> _ABOUT THIS EXERCISE_: Give the records again, word for word.

─── TASK INPUT ───

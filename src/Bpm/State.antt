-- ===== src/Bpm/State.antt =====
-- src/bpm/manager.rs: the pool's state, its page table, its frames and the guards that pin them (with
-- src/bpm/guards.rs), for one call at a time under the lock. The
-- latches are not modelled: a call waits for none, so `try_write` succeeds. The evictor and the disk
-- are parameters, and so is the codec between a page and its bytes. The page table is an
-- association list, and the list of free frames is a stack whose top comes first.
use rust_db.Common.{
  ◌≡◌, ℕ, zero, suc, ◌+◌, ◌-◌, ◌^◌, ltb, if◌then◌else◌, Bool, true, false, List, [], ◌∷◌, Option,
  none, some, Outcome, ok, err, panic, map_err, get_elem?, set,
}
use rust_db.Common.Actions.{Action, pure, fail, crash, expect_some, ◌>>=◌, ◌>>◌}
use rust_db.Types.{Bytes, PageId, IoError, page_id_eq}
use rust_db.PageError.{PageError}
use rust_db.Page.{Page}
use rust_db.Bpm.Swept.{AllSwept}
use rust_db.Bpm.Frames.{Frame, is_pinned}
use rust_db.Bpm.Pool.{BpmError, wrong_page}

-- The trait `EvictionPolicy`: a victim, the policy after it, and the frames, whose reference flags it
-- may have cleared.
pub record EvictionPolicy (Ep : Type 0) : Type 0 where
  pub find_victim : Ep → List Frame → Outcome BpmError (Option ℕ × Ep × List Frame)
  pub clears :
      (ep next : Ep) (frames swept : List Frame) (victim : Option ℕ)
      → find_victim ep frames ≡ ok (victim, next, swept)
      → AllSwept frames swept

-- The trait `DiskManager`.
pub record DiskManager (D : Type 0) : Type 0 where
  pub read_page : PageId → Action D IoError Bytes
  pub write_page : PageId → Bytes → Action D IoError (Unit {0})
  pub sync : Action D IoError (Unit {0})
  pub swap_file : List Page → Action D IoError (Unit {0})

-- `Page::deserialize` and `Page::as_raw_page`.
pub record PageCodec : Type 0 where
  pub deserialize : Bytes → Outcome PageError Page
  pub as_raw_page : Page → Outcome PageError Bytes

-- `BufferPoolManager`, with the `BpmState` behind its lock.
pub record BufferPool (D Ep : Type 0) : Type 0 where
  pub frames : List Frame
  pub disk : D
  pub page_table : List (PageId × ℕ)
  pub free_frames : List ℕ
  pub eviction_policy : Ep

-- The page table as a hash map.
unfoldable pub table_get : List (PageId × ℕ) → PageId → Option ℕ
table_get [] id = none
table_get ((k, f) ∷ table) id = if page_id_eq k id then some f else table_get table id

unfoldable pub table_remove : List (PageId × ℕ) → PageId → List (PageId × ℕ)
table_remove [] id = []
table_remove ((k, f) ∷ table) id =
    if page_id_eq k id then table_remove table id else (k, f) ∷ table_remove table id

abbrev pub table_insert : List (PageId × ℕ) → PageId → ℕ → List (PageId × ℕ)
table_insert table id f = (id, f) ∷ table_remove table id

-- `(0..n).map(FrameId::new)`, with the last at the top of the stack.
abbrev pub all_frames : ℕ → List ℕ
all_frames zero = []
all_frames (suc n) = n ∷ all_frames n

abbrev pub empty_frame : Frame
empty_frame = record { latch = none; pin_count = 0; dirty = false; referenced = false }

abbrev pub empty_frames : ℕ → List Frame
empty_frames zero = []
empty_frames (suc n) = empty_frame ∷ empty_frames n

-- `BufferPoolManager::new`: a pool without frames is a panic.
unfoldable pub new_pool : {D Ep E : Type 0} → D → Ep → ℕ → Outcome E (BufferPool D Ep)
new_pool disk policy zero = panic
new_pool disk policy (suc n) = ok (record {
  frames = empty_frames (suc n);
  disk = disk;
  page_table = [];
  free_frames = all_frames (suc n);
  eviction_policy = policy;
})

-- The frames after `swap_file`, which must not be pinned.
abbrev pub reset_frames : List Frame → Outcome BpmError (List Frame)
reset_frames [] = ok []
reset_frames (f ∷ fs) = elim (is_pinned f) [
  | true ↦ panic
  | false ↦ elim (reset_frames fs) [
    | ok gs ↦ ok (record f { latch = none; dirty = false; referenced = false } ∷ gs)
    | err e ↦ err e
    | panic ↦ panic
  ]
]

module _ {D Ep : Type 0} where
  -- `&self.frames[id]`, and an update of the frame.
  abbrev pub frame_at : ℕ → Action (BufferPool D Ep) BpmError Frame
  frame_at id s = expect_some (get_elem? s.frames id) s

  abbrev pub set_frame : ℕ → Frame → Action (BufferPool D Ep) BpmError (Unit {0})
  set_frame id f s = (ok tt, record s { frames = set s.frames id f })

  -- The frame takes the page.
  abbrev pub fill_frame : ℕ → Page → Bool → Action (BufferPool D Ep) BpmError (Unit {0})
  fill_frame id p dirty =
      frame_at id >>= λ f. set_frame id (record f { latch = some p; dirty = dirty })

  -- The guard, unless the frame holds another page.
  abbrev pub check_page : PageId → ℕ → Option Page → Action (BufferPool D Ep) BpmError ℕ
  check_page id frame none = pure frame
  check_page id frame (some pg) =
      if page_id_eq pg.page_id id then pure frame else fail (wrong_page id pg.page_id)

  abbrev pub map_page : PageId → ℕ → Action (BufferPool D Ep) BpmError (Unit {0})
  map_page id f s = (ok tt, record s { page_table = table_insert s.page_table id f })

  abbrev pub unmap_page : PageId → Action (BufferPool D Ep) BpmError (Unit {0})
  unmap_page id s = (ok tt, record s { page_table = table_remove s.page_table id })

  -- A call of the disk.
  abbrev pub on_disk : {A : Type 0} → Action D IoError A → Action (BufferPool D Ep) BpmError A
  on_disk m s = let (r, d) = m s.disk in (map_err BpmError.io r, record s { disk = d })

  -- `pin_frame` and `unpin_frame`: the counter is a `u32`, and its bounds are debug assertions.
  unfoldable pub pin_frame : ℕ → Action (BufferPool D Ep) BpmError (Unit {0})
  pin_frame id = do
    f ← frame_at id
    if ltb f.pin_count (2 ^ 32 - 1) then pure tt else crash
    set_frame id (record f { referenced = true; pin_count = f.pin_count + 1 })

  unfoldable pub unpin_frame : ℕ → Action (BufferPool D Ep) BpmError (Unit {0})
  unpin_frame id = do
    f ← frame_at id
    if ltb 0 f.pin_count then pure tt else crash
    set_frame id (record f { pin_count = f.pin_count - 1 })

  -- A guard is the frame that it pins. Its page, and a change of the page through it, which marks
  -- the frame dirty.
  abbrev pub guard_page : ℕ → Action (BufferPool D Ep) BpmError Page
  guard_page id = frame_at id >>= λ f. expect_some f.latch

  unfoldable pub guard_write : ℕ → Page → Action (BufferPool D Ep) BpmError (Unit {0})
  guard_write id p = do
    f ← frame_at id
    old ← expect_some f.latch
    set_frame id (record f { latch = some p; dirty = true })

───

> _EXERCISE RESULT_:
filename src/Bpm/State.antt
-- ===== src/Bpm/State.antt =====
-- src/bpm/manager.rs: the pool's state, its page table, its frames and the guards that pin them (with
-- src/bpm/guards.rs), for one call at a time under the lock. The
-- latches are not modelled: a call waits for none, so `try_write` succeeds. The evictor and the disk
-- are parameters, and so is the codec between a page and its bytes. The page table is an
-- association list, and the list of free frames is a stack whose top comes first.
use rust_db.Common.{
  ◌≡◌, ℕ, zero, suc, ◌+◌, ◌-◌, ◌^◌, ltb, if◌then◌else◌, Bool, true, false, List, [], ◌∷◌, Option,
  none, some, Outcome, ok, err, panic, map_err, get_elem?, set,
}
use rust_db.Common.Actions.{Action, pure, fail, crash, expect_some, ◌>>=◌, ◌>>◌}
use rust_db.Types.{Bytes, PageId, IoError, page_id_eq}
use rust_db.PageError.{PageError}
use rust_db.Page.{Page}
use rust_db.Bpm.Swept.{AllSwept}
use rust_db.Bpm.Frames.{Frame, is_pinned}
use rust_db.Bpm.Pool.{BpmError, wrong_page}

-- The trait `EvictionPolicy`: a victim, the policy after it, and the frames, whose reference flags it
-- may have cleared.
pub record EvictionPolicy (Ep : Type 0) : Type 0 where
  pub find_victim : Ep → List Frame → Outcome BpmError (Option ℕ × Ep × List Frame)
  pub clears :
      (ep next : Ep) (frames swept : List Frame) (victim : Option ℕ)
      → find_victim ep frames ≡ ok (victim, next, swept)
      → AllSwept frames swept

-- The trait `DiskManager`.
pub record DiskManager (D : Type 0) : Type 0 where
  pub read_page : PageId → Action D IoError Bytes
  pub write_page : PageId → Bytes → Action D IoError (Unit {0})
  pub sync : Action D IoError (Unit {0})
  pub swap_file : List Page → Action D IoError (Unit {0})

-- `Page::deserialize` and `Page::as_raw_page`.
pub record PageCodec : Type 0 where
  pub deserialize : Bytes → Outcome PageError Page
  pub as_raw_page : Page → Outcome PageError Bytes

-- `BufferPoolManager`, with the `BpmState` behind its lock.
pub record BufferPool (D Ep : Type 0) : Type 0 where
  pub frames : List Frame
  pub disk : D
  pub page_table : List (PageId × ℕ)
  pub free_frames : List ℕ
  pub eviction_policy : Ep

-- The page table as a hash map.
unfoldable pub table_get : List (PageId × ℕ) → PageId → Option ℕ
table_get [] id = none
table_get ((k, f) ∷ table) id = if page_id_eq k id then some f else table_get table id

unfoldable pub table_remove : List (PageId × ℕ) → PageId → List (PageId × ℕ)
table_remove [] id = []
table_remove ((k, f) ∷ table) id =
    if page_id_eq k id then table_remove table id else (k, f) ∷ table_remove table id

abbrev pub table_insert : List (PageId × ℕ) → PageId → ℕ → List (PageId × ℕ)
table_insert table id f = (id, f) ∷ table_remove table id

-- `(0..n).map(FrameId::new)`, with the last at the top of the stack.
abbrev pub all_frames : ℕ → List ℕ
all_frames zero = []
all_frames (suc n) = n ∷ all_frames n

abbrev pub empty_frame : Frame
empty_frame = record { latch = none; pin_count = 0; dirty = false; referenced = false }

abbrev pub empty_frames : ℕ → List Frame
empty_frames zero = []
empty_frames (suc n) = empty_frame ∷ empty_frames n

-- `BufferPoolManager::new`: a pool without frames is a panic.
unfoldable pub new_pool : {D Ep E : Type 0} → D → Ep → ℕ → Outcome E (BufferPool D Ep)
new_pool disk policy zero = panic
new_pool disk policy (suc n) = ok (record {
  frames = empty_frames (suc n);
  disk = disk;
  page_table = [];
  free_frames = all_frames (suc n);
  eviction_policy = policy;
})

-- The frames after `swap_file`, which must not be pinned.
abbrev pub reset_frames : List Frame → Outcome BpmError (List Frame)
reset_frames [] = ok []
reset_frames (f ∷ fs) = elim (is_pinned f) [
  | true ↦ panic
  | false ↦ elim (reset_frames fs) [
    | ok gs ↦ ok (record f { latch = none; dirty = false; referenced = false } ∷ gs)
    | err e ↦ err e
    | panic ↦ panic
  ]
]

module _ {D Ep : Type 0} where
  -- `&self.frames[id]`, and an update of the frame.
  abbrev pub frame_at : ℕ → Action (BufferPool D Ep) BpmError Frame
  frame_at id s = expect_some (get_elem? s.frames id) s

  abbrev pub set_frame : ℕ → Frame → Action (BufferPool D Ep) BpmError (Unit {0})
  set_frame id f s = (ok tt, record s { frames = set s.frames id f })

  -- The frame takes the page.
  abbrev pub fill_frame : ℕ → Page → Bool → Action (BufferPool D Ep) BpmError (Unit {0})
  fill_frame id p dirty =
      frame_at id >>= λ f. set_frame id (record f { latch = some p; dirty = dirty })

  -- The guard, unless the frame holds another page.
  abbrev pub check_page : PageId → ℕ → Option Page → Action (BufferPool D Ep) BpmError ℕ
  check_page id frame none = pure frame
  check_page id frame (some pg) =
      if page_id_eq pg.page_id id then pure frame else fail (wrong_page id pg.page_id)

  abbrev pub map_page : PageId → ℕ → Action (BufferPool D Ep) BpmError (Unit {0})
  map_page id f s = (ok tt, record s { page_table = table_insert s.page_table id f })

  abbrev pub unmap_page : PageId → Action (BufferPool D Ep) BpmError (Unit {0})
  unmap_page id s = (ok tt, record s { page_table = table_remove s.page_table id })

  -- A call of the disk.
  abbrev pub on_disk : {A : Type 0} → Action D IoError A → Action (BufferPool D Ep) BpmError A
  on_disk m s = let (r, d) = m s.disk in (map_err BpmError.io r, record s { disk = d })

  -- `pin_frame` and `unpin_frame`: the counter is a `u32`, and its bounds are debug assertions.
  unfoldable pub pin_frame : ℕ → Action (BufferPool D Ep) BpmError (Unit {0})
  pin_frame id = do
    f ← frame_at id
    if ltb f.pin_count (2 ^ 32 - 1) then pure tt else crash
    set_frame id (record f { referenced = true; pin_count = f.pin_count + 1 })

  unfoldable pub unpin_frame : ℕ → Action (BufferPool D Ep) BpmError (Unit {0})
  unpin_frame id = do
    f ← frame_at id
    if ltb 0 f.pin_count then pure tt else crash
    set_frame id (record f { pin_count = f.pin_count - 1 })

  -- A guard is the frame that it pins. Its page, and a change of the page through it, which marks
  -- the frame dirty.
  abbrev pub guard_page : ℕ → Action (BufferPool D Ep) BpmError Page
  guard_page id = frame_at id >>= λ f. expect_some f.latch

  unfoldable pub guard_write : ℕ → Page → Action (BufferPool D Ep) BpmError (Unit {0})
  guard_write id p = do
    f ← frame_at id
    old ← expect_some f.latch
    set_frame id (record f { latch = some p; dirty = true })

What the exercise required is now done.